Practice the vocabulary of merging on-disk segments to keep a log-structured merge-tree's reads fast.
0 / 5 completed
1 / 5
At standup, a dev mentions a background process that merges and rewrites sorted on-disk segments in a log-structured merge-tree, reclaiming space from an overwritten or deleted key. What is this process called?
LSM-tree compaction is a background process that merges and rewrites sorted on-disk segments, reclaiming space from an overwritten or deleted key and keeping the number of segments a read has to check bounded. Appending every new write as a brand-new segment forever, with no merging, would let stale, overwritten data accumulate indefinitely on disk. This compaction is what keeps a log-structured merge-tree's storage usage and read performance sustainable over time.
2 / 5
During a design review, the team accepts that compaction rewrites the same data to disk multiple times over its lifetime, in exchange for keeping a read fast. Which tradeoff does this represent?

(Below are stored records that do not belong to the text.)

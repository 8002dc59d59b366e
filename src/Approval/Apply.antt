-- ===== src/Approval/Apply.antt =====
-- approval.rs (crates/zbrain/src): challenges against the claims that they are about: their making,
-- `apply_challenge`, and in Apply/Batch `apply_challenge_batch`.
pub mod Batch
pub mod Planned
pub mod Applied
pub mod Once
use zbrain.Prelude.{
  String, Bool, true, false, not, ◌&&◌, ◌||◌, Option, none, some, List, [], ◌∷◌, ◌==◌, Result, ok,
  err, ◌>>=◌, ◌>>◌, ensure, refuse_if, map_err, is_empty, if◌then◌else◌,
}
use zbrain.Prelude.Effects.{Outcome, after_checks, after_step}
use zbrain.Prelude.Sort.{sort}
use zbrain.Prelude.Text.{is_blank}
use zbrain.Claims.{Claim, ClaimError, ClaimTransitionAuthorization}
use zbrain.Claims.Digest.{verify_claim_digest}
use zbrain.Claims.Scan.{Text, Answers}
use zbrain.Claims.Scan as Wiki
use zbrain.Claims.Store.{Workspace, read}
use zbrain.Lifecycle.{
  ClaimMutationOptions, ClaimMutationPlan, Evidence, Meets, prepare_approve_unlocked,
  prepare_revoke_unlocked, canonical_digest_unlocked,
}
use zbrain.Lifecycle.Commit.{
  Encounter, recover_first, commit_approve_unlocked, commit_revoke_unlocked, locked,
}
use zbrain.Approval.{Challenge, ChallengeItem, ChallengePrepare, ChallengeError}
use zbrain.Approval.Ceremony.{
  Crates, Call, Files, empty_challenge, read_challenge, validate_token, consume, prepare,
  prepare_batch,
}

-- The messages, with what they quote beside the challenge's own id.
pub data ApplyError : Type 0 where
  by_claim : ClaimError → ApplyError
  by_challenge : ChallengeError → ApplyError
  not_owner_granted claim_differs draft_digest_required draft_digest_stale : ApplyError
  superseded_differ supersedes_on_approve prior_on_approve reason_on_approve : ApplyError
  nothing_superseded prior_stale reason_on_supersede reason_required : ApplyError
  not_draft not_approved : String → String → ApplyError
  unverified : String → ClaimError → ApplyError
  operation_unsupported : String → ApplyError
  authorization_differs not_a_batch : ApplyError

-- The challenge files and the workspace of the claims.
pub record Office (text : Text) (crates : Crates) : Type 0 where
  pub challenges : Files crates
  pub wiki : Workspace text

unfoldable pub same_strings : List String → List String → Bool
same_strings [] [] = true
same_strings (l ∷ left) (r ∷ right) = l == r && same_strings left right
same_strings _ _ = false

unfoldable pub check_authorization :
    Option ClaimTransitionAuthorization → Challenge → Result ApplyError (Unit {0})
check_authorization none challenge = ok tt
check_authorization (some authorization) challenge =
    ensure (authorization.challenge_id == challenge.id) ApplyError.authorization_differs

module _ (text : Text) (crates : Crates) (workspace : String) where
  unfoldable pub first_superseded_verification_digest :
      Answers → Wiki.Files → List String → Result ApplyError String
  first_superseded_verification_digest answers files [] = ok ""
  first_superseded_verification_digest answers files (first ∷ others) = do
    claim ← map_err by_claim (read text answers files first)
    ensure (claim.status == "approved") (ApplyError.not_approved claim.id claim.status)
    map_err (ApplyError.unverified claim.id) (verify_claim_digest text.canon claim)
    ok claim.verified_digest

  unfoldable pub check_approve : Challenge → Claim → List String → Result ApplyError (Unit {0})
  check_approve challenge claim expected_superseded = do
    ensure (claim.status == "draft") (ApplyError.not_draft claim.id claim.status)
    ensure (is_empty expected_superseded) ApplyError.supersedes_on_approve
    ensure (challenge.prior_verification_digest == "") ApplyError.prior_on_approve
    ensure (challenge.revoke_reason == "") ApplyError.reason_on_approve

  unfoldable pub check_supersede :
      Answers → Wiki.Files → Challenge → Claim → List String → Result ApplyError (Unit {0})
  check_supersede answers files challenge claim expected_superseded = do
    ensure (claim.status == "draft") (ApplyError.not_draft claim.id claim.status)
    refuse_if (is_empty expected_superseded) ApplyError.nothing_superseded
    prior ← first_superseded_verification_digest answers files expected_superseded
    ensure (challenge.prior_verification_digest == prior) ApplyError.prior_stale
    ensure (challenge.revoke_reason == "") ApplyError.reason_on_supersede

  unfoldable pub check_revoke : Challenge → Claim → Result ApplyError (Unit {0})
  check_revoke challenge claim = do
    ensure (claim.status == "approved") (ApplyError.not_approved claim.id claim.status)
    map_err (ApplyError.unverified claim.id) (verify_claim_digest text.canon claim)
    ensure (challenge.prior_verification_digest == claim.verified_digest) ApplyError.prior_stale
    refuse_if (is_blank challenge.revoke_reason) ApplyError.reason_required

  unfoldable pub check_operation :
      Answers → Wiki.Files → Challenge → Claim → List String → Result ApplyError (Unit {0})
  check_operation answers files challenge claim expected_superseded =
      if challenge.operation == "approve"
      then check_approve challenge claim expected_superseded
      else if challenge.operation == "supersede"
      then check_supersede answers files challenge claim expected_superseded
      else if challenge.operation == "revoke"
      then check_revoke challenge claim
      else err (ApplyError.operation_unsupported challenge.operation)

  unfoldable pub validate_challenge_against_claim :
      Answers → Wiki.Files → Challenge → Claim → String → Result ApplyError (Unit {0})
  validate_challenge_against_claim answers files challenge claim digest = do
    ensure (challenge.claim_id == claim.id) ApplyError.claim_differs
    refuse_if (is_blank challenge.canonical_draft_digest) ApplyError.draft_digest_required
    ensure (challenge.canonical_draft_digest == digest) ApplyError.draft_digest_stale
    ensure (same_strings (sort challenge.superseded_ids) (sort claim.supersedes))
        ApplyError.superseded_differ
    check_operation answers files challenge claim (sort claim.supersedes)

  -- The claim that a challenge is about, as it is now, against the challenge.
  unfoldable pub check_bound : Answers → Wiki.Files → Challenge → Result ApplyError (Unit {0})
  check_bound answers files challenge = do
    current ←
        map_err by_claim (canonical_digest_unlocked text workspace answers files challenge.claim_id)
    validate_challenge_against_claim answers files challenge current.0 current.1

  unfoldable pub plan_by_operation :
      Evidence
      → Meets
      → Wiki.Files
      → Challenge
      → ClaimMutationOptions
      → Result ApplyError ClaimMutationPlan
  plan_by_operation evidence meets files challenge options =
      if challenge.operation == "approve" || challenge.operation == "supersede"
      then map_err by_claim
          (prepare_approve_unlocked text workspace evidence meets files challenge.claim_id options)
      else if challenge.operation == "revoke"
      then map_err by_claim (
          prepare_revoke_unlocked text workspace meets files challenge.claim_id
            challenge.revoke_reason options)
      else err (ApplyError.operation_unsupported challenge.operation)

  -- What `apply_challenge` does before it consumes the token.
  unfoldable pub apply_checks :
      Evidence
      → Meets
      → Call
      → String
      → String
      → ClaimMutationOptions
      → Office text crates
      → Result ApplyError (Challenge × ClaimMutationPlan)
  apply_checks evidence meets call challenge_id token options office = do
    challenge ←
        map_err by_challenge (read_challenge crates workspace call challenge_id office.challenges)
    map_err by_challenge (validate_token crates workspace call.now challenge token)
    ensure challenge.granted ApplyError.not_owner_granted
    check_bound meets.answers office.wiki.files challenge
    check_authorization options.authorization challenge
    plan ← plan_by_operation evidence meets office.wiki.files challenge options
    ok (challenge, plan)

  -- A step on the claims, and one on the challenges.
  unfoldable pub on_wiki :
      {A : Type 0}
      → Office text crates
      → Outcome (Workspace text) ClaimError A
      → Outcome (Office text crates) ApplyError A
  on_wiki office step = (record office { wiki = step.0 }, map_err by_claim step.1)

  unfoldable pub on_challenges :
      {A : Type 0}
      → Office text crates
      → Outcome (Files crates) ChallengeError A
      → Outcome (Office text crates) ApplyError A
  on_challenges office step = (record office { challenges = step.0 }, map_err by_challenge step.1)

  unfoldable pub commit_by_operation :
      Encounter
      → Challenge
      → ClaimMutationPlan
      → Workspace text
      → Outcome (Workspace text) ClaimError Claim
  commit_by_operation encounter challenge plan w =
      if challenge.operation == "revoke"
      then commit_revoke_unlocked text workspace encounter plan w
      else commit_approve_unlocked text workspace encounter plan w

  -- The lock and the recovery, and an operation on what they leave.
  unfoldable pub under_lock :
      {A : Type 0}
      → Encounter
      → (Office text crates → Outcome (Office text crates) ApplyError A)
      → Office text crates
      → Outcome (Office text crates) ApplyError A
  under_lock encounter operation office =
      after_checks office (map_err by_claim (locked text workspace encounter)) (λ l.
        after_step (on_wiki office (recover_first text workspace encounter office.wiki))
          (λ recovered done. operation recovered))

  -- The consumption reads the time again, and the files.
  unfoldable pub apply_unlocked :
      Evidence
      → Encounter
      → Call
      → Call
      → String
      → String
      → ClaimMutationOptions
      → Office text crates
      → Outcome (Office text crates) ApplyError Claim
  apply_unlocked evidence encounter call consumption challenge_id token options office =
      after_checks office
        (apply_checks evidence encounter.meets call challenge_id token options office)
        (λ checked.
          after_step
            (on_challenges office
              (consume crates workspace consumption checked.0.id token office.challenges))
            (λ spent done.
              on_wiki spent (commit_by_operation encounter checked.0 checked.1 spent.wiki)))

  unfoldable pub apply_challenge :
      Evidence
      → Encounter
      → Call
      → Call
      → String
      → String
      → ClaimMutationOptions
      → Office text crates
      → Outcome (Office text crates) ApplyError Claim
  apply_challenge evidence encounter call consumption challenge_id token options =
      under_lock encounter
        (apply_unlocked evidence encounter call consumption challenge_id token options)

  -- The challenge that `prepare_challenge` checks the claim against.
  unfoldable pub probe_of : ChallengePrepare → String → Challenge
  probe_of p digest = record empty_challenge {
    workspace = workspace;
    operation = p.operation;
    claim_id = p.claim_id;
    canonical_draft_digest = digest;
    superseded_ids = p.superseded_ids;
    prior_verification_digest = p.prior_verification_digest;
    revoke_reason = p.revoke_reason;
  }

  abbrev pub or_current : String → String → String
  or_current given digest = if is_blank given then digest else given

  unfoldable pub bound_prepare :
      Answers → Wiki.Files → ChallengePrepare → Result ApplyError ChallengePrepare
  bound_prepare answers files p = do
    current ← map_err by_claim (canonical_digest_unlocked text workspace answers files p.claim_id)
    let digest = or_current p.canonical_draft_digest current.1
    validate_challenge_against_claim answers files (probe_of p digest) current.0 current.1
    ok (record p { canonical_draft_digest = digest })

  unfoldable pub prepare_challenge :
      Encounter
      → Call
      → ChallengePrepare
      → Office text crates
      → Outcome (Office text crates) ApplyError Challenge
  prepare_challenge encounter call p = under_lock encounter (λ office.
      after_checks office (bound_prepare encounter.meets.answers office.wiki.files p)
        (λ bound. on_challenges office (prepare crates workspace call bound office.challenges)))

Write amplification traded for bounded read latency describes how compaction rewrites the same underlying data to disk multiple times over its lifetime, in exchange for keeping the number of segments a read must check under control. A system with zero write amplification would mean no compaction ever ran, letting an unbounded number of segments accumulate and slow reads down over time. This tradeoff is a deliberate, well-understood design choice at the core of how an LSM-tree balances write and read performance.
3 / 5
In a code review, a dev notices the team chose a leveled compaction strategy over a size-tiered one, accepting more write amplification in exchange for lower space amplification and more predictable read latency. What does this represent?
A compaction strategy choice, like leveled versus size-tiered, trades write amplification differently against read and space amplification, since each strategy organizes and merges on-disk segments in a structurally different way. Assuming there's a single universal strategy with no tradeoff ignores that a real system has to pick the balance that best fits its actual read-versus-write workload. This strategy choice is a meaningful, workload-specific tuning decision for any system built on an LSM-tree.
4 / 5
An incident report shows read latency degraded significantly under heavy write load because compaction had fallen behind, letting a large number of small on-disk segments accumulate that every read had to check individually. What practice would prevent this?
Ensuring compaction keeps pace with the write rate bounds the number of on-disk segments a read has to check, keeping read latency predictable even under sustained write pressure. Letting compaction fall arbitrarily behind lets segments accumulate without bound, exactly as this incident describes, directly hurting read performance. This is why monitoring and provisioning enough resources for compaction to keep pace is essential to an LSM-tree-based system's health.
5 / 5
During a PR review, a teammate asks why the team accepts the extra write cost of ongoing compaction instead of simply appending every write as a new segment forever with no merging. What is the reasoning?
Appending every write as a new segment forever, with no compaction, lets the number of segments a read must check grow unbounded as the system accumulates writes over time. Compaction bounds that number at the cost of rewriting the same data to disk multiple times over its lifetime. The tradeoff is real, ongoing write amplification, which is why choosing an appropriate compaction strategy for the workload matters so much.